◆ Your assignment ◆
Down to the last line, repeat the entries exactly.

◆ Extracted entries ◆
-- ===== src/Rcu/Invariant.antt =====
-- What holds of a chain and its readers in every reachable state.
use mathlib.Core.Path.{subst}
use soa_repo.Base.{ℕ, ◌<◌, ◌≡◌, ◌≢◌, ◌⊎◌, true, false, refl, arith, inl, inr, sym, ◌∙◌}
use soa_repo.Rcu.{
  free, linked, retired, Chain, hash_add_rcu, hash_del_rcu, give_back, rcu_read_lock,
  rcu_read_unlock, first_entry, next_entry, Step, adds, removes, frees, locks, starts, moves,
  unlocks, empty, Reach, here, later,
}

-- A reader may stand on an entry that is linked, or that is kept for it.
abbrev pub IsKept : Chain → ℕ → ℕ → Type 0
IsKept c i a = (c.status a ≡ linked) ⊎ ((c.status a ≡ retired) × (c.waits a i ≡ true))

pub record Inv (c : Chain) : Type 0 where
  pub null : c.status 0 ≡ free
  pub head_linked : (c.head ≡ 0) ⊎ (c.status c.head ≡ linked)
  pub born_before : (a : ℕ) → c.status a ≡ linked → c.born a < c.clock
  -- the chain goes from younger to older entries
  pub next_linked :
      (a : ℕ)
      → c.status a ≡ linked
      → (c.next a ≡ 0) ⊎ ((c.status (c.next a) ≡ linked) × (c.born (c.next a) < c.born a))
  pub awaited : (a i : ℕ) → c.status a ≡ retired → c.waits a i ≡ true → c.reading i ≡ true
  pub onward :
      (a i : ℕ) → c.status a ≡ retired → c.waits a i ≡ true → (c.next a ≡ 0) ⊎ IsKept c i (c.next a)
  pub standing : (i : ℕ) → c.curr i ≢ 0 → (c.reading i ≡ true) × IsKept c i (c.curr i)

pub empty-Inv : Inv empty
empty-Inv = record {
  null = refl;
  head_linked = inl refl;
  born_before = λ a h. cc;
  next_linked = λ a h. cc;
  awaited = λ a i h w. cc;
  onward = λ a i h w. cc;
  standing = λ i h. absurd (h refl);
}

hash_add_rcu-Inv : (c : Chain) (a : ℕ) → a ≢ 0 → c.status a ≡ free → Inv c → Inv (hash_add_rcu a c)
unfolding hash_add_rcu
hash_add_rcu-Inv c a nz fresh v = record {
  null = ground (arith, v.null);
  head_linked = ground arith;
  born_before = λ x h. ground (arith, v.born_before x);
  next_linked = λ x h. ground (arith, v.born_before c.head, v.next_linked x, v.head_linked);
  awaited = λ x i h w. ground (arith, v.awaited x i);
  onward = λ x i h w. ground (arith, v.onward x i);
  standing = λ i h. ground (arith, v.standing i);
}

-- The next entry is an older one, so the chain is no circle.
descends :
    (c : Chain) (x y : ℕ)
    → Inv c
    → c.status x ≡ linked
    → c.status y ≡ linked
    → c.next x ≡ y
    → c.born y < c.born x
descends c x y v h h' e = elim (v.next_linked x h) [
  | inl last ↦ cc (v.null, subst (λ z. c.status z ≡ linked) (sym e ∙ last) h')
  | inr (l, older) ↦ subst (λ z. c.born z < c.born x) e older
]

not_back :
    (c : Chain) (a x : ℕ)
    → Inv c
    → c.status a ≡ linked
    → c.status x ≡ linked
    → c.next x ≡ a
    → (c.next a ≢ x) × (c.born a < c.born x)
not_back c a x v there h e = (
  λ back. omega (arith, descends c x a v h there e, descends c a x v there h back),
  descends c x a v h there e,
)

hash_del_rcu-Inv : (c : Chain) (a : ℕ) → c.status a ≡ linked → Inv c → Inv (hash_del_rcu a c)
unfolding hash_del_rcu
hash_del_rcu-Inv c a there v = record {
  null = ground (arith, v.null);
  head_linked = ground (arith, v.head_linked, v.next_linked a);
  born_before = λ x h. ground (arith, v.born_before x);
  next_linked = λ x h. ground (arith, v.next_linked x, v.next_linked a, not_back c a x v there);
  awaited = λ x i h w. ground (arith, v.awaited x i);
  onward = λ x i h w. ground (arith, v.onward x i, v.awaited x i, v.next_linked a);
  standing = λ i h. ground (arith, v.standing i);
}

give_back-Inv :
    (c : Chain) (a : ℕ)
    → c.status a ≡ retired
    → ((i : ℕ) → c.waits a i ≡ false)
    → Inv c
    → Inv (give_back a c)
unfolding give_back
give_back-Inv c a out done v = record {
  null = ground (arith, v.null);
  head_linked = ground (arith, v.head_linked);
  born_before = λ x h. ground (arith, v.born_before x);
  next_linked = λ x h. ground (arith, v.next_linked x);
  awaited = λ x i h w. ground (arith, v.awaited x i);
  onward = λ x i h w. ground (arith, v.onward x i, done i);
  standing = λ i h. ground (arith, v.standing i, done i);
}

rcu_read_lock-Inv : (c : Chain) (i : ℕ) → Inv c → Inv (rcu_read_lock i c)
unfolding rcu_read_lock
rcu_read_lock-Inv c i v = record {
  null = v.null;
  head_linked = v.head_linked;
  born_before = v.born_before;
  next_linked = v.next_linked;
  awaited = λ x j h w. ground (arith, v.awaited x j);
  onward = v.onward;
  standing = λ j h. ground (arith, v.standing j);
}

rcu_read_unlock-Inv : (c : Chain) (i : ℕ) → Inv c → Inv (rcu_read_unlock i c)
unfolding rcu_read_unlock
rcu_read_unlock-Inv c i v = record {
  null = v.null;
  head_linked = v.head_linked;
  born_before = v.born_before;
  next_linked = v.next_linked;
  awaited = λ x j h w. ground (arith, v.awaited x j);
  onward = λ x j h w. ground (arith, v.onward x j);
  standing = λ j h. ground (arith, v.standing j);
}

first_entry-Inv : (c : Chain) (i : ℕ) → c.reading i ≡ true → Inv c → Inv (first_entry i c)
unfolding first_entry
first_entry-Inv c i in_section v = record {
  null = v.null;
  head_linked = v.head_linked;
  born_before = v.born_before;
  next_linked = v.next_linked;
  awaited = v.awaited;
  onward = v.onward;
  standing = λ j h. ground (arith, v.standing j, v.head_linked);
}

next_entry-Inv : (c : Chain) (i : ℕ) → c.curr i ≢ 0 → Inv c → Inv (next_entry i c)
unfolding next_entry
next_entry-Inv c i on v = record {
  null = v.null;
  head_linked = v.head_linked;
  born_before = v.born_before;
  next_linked = v.next_linked;
  awaited = v.awaited;
  onward = v.onward;
  standing = λ j h.
      ground (arith, v.standing j, v.standing i, v.next_linked (c.curr i), v.onward (c.curr i) i);
}

Step-Inv : {c d : Chain} → Step c d → Inv c → Inv d
Step-Inv {c} (adds a nz fresh) v = hash_add_rcu-Inv c a nz fresh v
Step-Inv {c} (removes a there) v = hash_del_rcu-Inv c a there v
Step-Inv {c} (frees a out done) v = give_back-Inv c a out done v
Step-Inv {c} (locks i h) v = rcu_read_lock-Inv c i v
Step-Inv {c} (starts i h) v = first_entry-Inv c i h v
Step-Inv {c} (moves i h) v = next_entry-Inv c i h v
Step-Inv {c} (unlocks i h) v = rcu_read_unlock-Inv c i v

pub Reach-Inv : {c : Chain} → Reach c → Inv c
Reach-Inv here = empty-Inv
Reach-Inv (later r s) = Step-Inv s (Reach-Inv r)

◆ Expected output ◆
-- ===== src/Rcu/Invariant.antt =====
-- What holds of a chain and its readers in every reachable state.
use mathlib.Core.Path.{subst}
use soa_repo.Base.{ℕ, ◌<◌, ◌≡◌, ◌≢◌, ◌⊎◌, true, false, refl, arith, inl, inr, sym, ◌∙◌}
use soa_repo.Rcu.{
  free, linked, retired, Chain, hash_add_rcu, hash_del_rcu, give_back, rcu_read_lock,
  rcu_read_unlock, first_entry, next_entry, Step, adds, removes, frees, locks, starts, moves,
  unlocks, empty, Reach, here, later,
}

-- A reader may stand on an entry that is linked, or that is kept for it.
abbrev pub IsKept : Chain → ℕ → ℕ → Type 0
IsKept c i a = (c.status a ≡ linked) ⊎ ((c.status a ≡ retired) × (c.waits a i ≡ true))

pub record Inv (c : Chain) : Type 0 where
  pub null : c.status 0 ≡ free
  pub head_linked : (c.head ≡ 0) ⊎ (c.status c.head ≡ linked)
  pub born_before : (a : ℕ) → c.status a ≡ linked → c.born a < c.clock
  -- the chain goes from younger to older entries
  pub next_linked :
      (a : ℕ)
      → c.status a ≡ linked
      → (c.next a ≡ 0) ⊎ ((c.status (c.next a) ≡ linked) × (c.born (c.next a) < c.born a))
  pub awaited : (a i : ℕ) → c.status a ≡ retired → c.waits a i ≡ true → c.reading i ≡ true
  pub onward :
      (a i : ℕ) → c.status a ≡ retired → c.waits a i ≡ true → (c.next a ≡ 0) ⊎ IsKept c i (c.next a)
  pub standing : (i : ℕ) → c.curr i ≢ 0 → (c.reading i ≡ true) × IsKept c i (c.curr i)

pub empty-Inv : Inv empty
empty-Inv = record {
  null = refl;
  head_linked = inl refl;
  born_before = λ a h. cc;
  next_linked = λ a h. cc;
  awaited = λ a i h w. cc;
  onward = λ a i h w. cc;
  standing = λ i h. absurd (h refl);
}

hash_add_rcu-Inv : (c : Chain) (a : ℕ) → a ≢ 0 → c.status a ≡ free → Inv c → Inv (hash_add_rcu a c)
unfolding hash_add_rcu
hash_add_rcu-Inv c a nz fresh v = record {
  null = ground (arith, v.null);
  head_linked = ground arith;
  born_before = λ x h. ground (arith, v.born_before x);
  next_linked = λ x h. ground (arith, v.born_before c.head, v.next_linked x, v.head_linked);
  awaited = λ x i h w. ground (arith, v.awaited x i);
  onward = λ x i h w. ground (arith, v.onward x i);
  standing = λ i h. ground (arith, v.standing i);
}

-- The next entry is an older one, so the chain is no circle.
descends :
    (c : Chain) (x y : ℕ)
    → Inv c
    → c.status x ≡ linked
    → c.status y ≡ linked
    → c.next x ≡ y
    → c.born y < c.born x
descends c x y v h h' e = elim (v.next_linked x h) [
  | inl last ↦ cc (v.null, subst (λ z. c.status z ≡ linked) (sym e ∙ last) h')
  | inr (l, older) ↦ subst (λ z. c.born z < c.born x) e older
]

not_back :
    (c : Chain) (a x : ℕ)
    → Inv c
    → c.status a ≡ linked
    → c.status x ≡ linked
    → c.next x ≡ a
    → (c.next a ≢ x) × (c.born a < c.born x)
not_back c a x v there h e = (
  λ back. omega (arith, descends c x a v h there e, descends c a x v there h back),
  descends c x a v h there e,
)

hash_del_rcu-Inv : (c : Chain) (a : ℕ) → c.status a ≡ linked → Inv c → Inv (hash_del_rcu a c)
unfolding hash_del_rcu
hash_del_rcu-Inv c a there v = record {
  null = ground (arith, v.null);
  head_linked = ground (arith, v.head_linked, v.next_linked a);
  born_before = λ x h. ground (arith, v.born_before x);
  next_linked = λ x h. ground (arith, v.next_linked x, v.next_linked a, not_back c a x v there);
  awaited = λ x i h w. ground (arith, v.awaited x i);
  onward = λ x i h w. ground (arith, v.onward x i, v.awaited x i, v.next_linked a);
  standing = λ i h. ground (arith, v.standing i);
}

give_back-Inv :
    (c : Chain) (a : ℕ)
    → c.status a ≡ retired
    → ((i : ℕ) → c.waits a i ≡ false)
    → Inv c
    → Inv (give_back a c)
unfolding give_back
give_back-Inv c a out done v = record {
  null = ground (arith, v.null);
  head_linked = ground (arith, v.head_linked);
  born_before = λ x h. ground (arith, v.born_before x);
  next_linked = λ x h. ground (arith, v.next_linked x);
  awaited = λ x i h w. ground (arith, v.awaited x i);
  onward = λ x i h w. ground (arith, v.onward x i, done i);
  standing = λ i h. ground (arith, v.standing i, done i);
}

rcu_read_lock-Inv : (c : Chain) (i : ℕ) → Inv c → Inv (rcu_read_lock i c)
unfolding rcu_read_lock
rcu_read_lock-Inv c i v = record {
  null = v.null;
  head_linked = v.head_linked;
  born_before = v.born_before;
  next_linked = v.next_linked;
  awaited = λ x j h w. ground (arith, v.awaited x j);
  onward = v.onward;
  standing = λ j h. ground (arith, v.standing j);
}

rcu_read_unlock-Inv : (c : Chain) (i : ℕ) → Inv c → Inv (rcu_read_unlock i c)
unfolding rcu_read_unlock
rcu_read_unlock-Inv c i v = record {
  null = v.null;
  head_linked = v.head_linked;
  born_before = v.born_before;
  next_linked = v.next_linked;
  awaited = λ x j h w. ground (arith, v.awaited x j);
  onward = λ x j h w. ground (arith, v.onward x j);
  standing = λ j h. ground (arith, v.standing j);
}

first_entry-Inv : (c : Chain) (i : ℕ) → c.reading i ≡ true → Inv c → Inv (first_entry i c)
unfolding first_entry
first_entry-Inv c i in_section v = record {
  null = v.null;
  head_linked = v.head_linked;
  born_before = v.born_before;
  next_linked = v.next_linked;
  awaited = v.awaited;
  onward = v.onward;
  standing = λ j h. ground (arith, v.standing j, v.head_linked);
}

next_entry-Inv : (c : Chain) (i : ℕ) → c.curr i ≢ 0 → Inv c → Inv (next_entry i c)
unfolding next_entry
next_entry-Inv c i on v = record {
  null = v.null;
  head_linked = v.head_linked;
  born_before = v.born_before;
  next_linked = v.next_linked;
  awaited = v.awaited;
  onward = v.onward;
  standing = λ j h.
      ground (arith, v.standing j, v.standing i, v.next_linked (c.curr i), v.onward (c.curr i) i);
}

Step-Inv : {c d : Chain} → Step c d → Inv c → Inv d
Step-Inv {c} (adds a nz fresh) v = hash_add_rcu-Inv c a nz fresh v
Step-Inv {c} (removes a there) v = hash_del_rcu-Inv c a there v
Step-Inv {c} (frees a out done) v = give_back-Inv c a out done v
Step-Inv {c} (locks i h) v = rcu_read_lock-Inv c i v
Step-Inv {c} (starts i h) v = first_entry-Inv c i h v
Step-Inv {c} (moves i h) v = next_entry-Inv c i h v
Step-Inv {c} (unlocks i h) v = rcu_read_unlock-Inv c i v

pub Reach-Inv : {c : Chain} → Reach c → Inv c
Reach-Inv here = empty-Inv
Reach-Inv (later r s) = Step-Inv s (Reach-Inv r)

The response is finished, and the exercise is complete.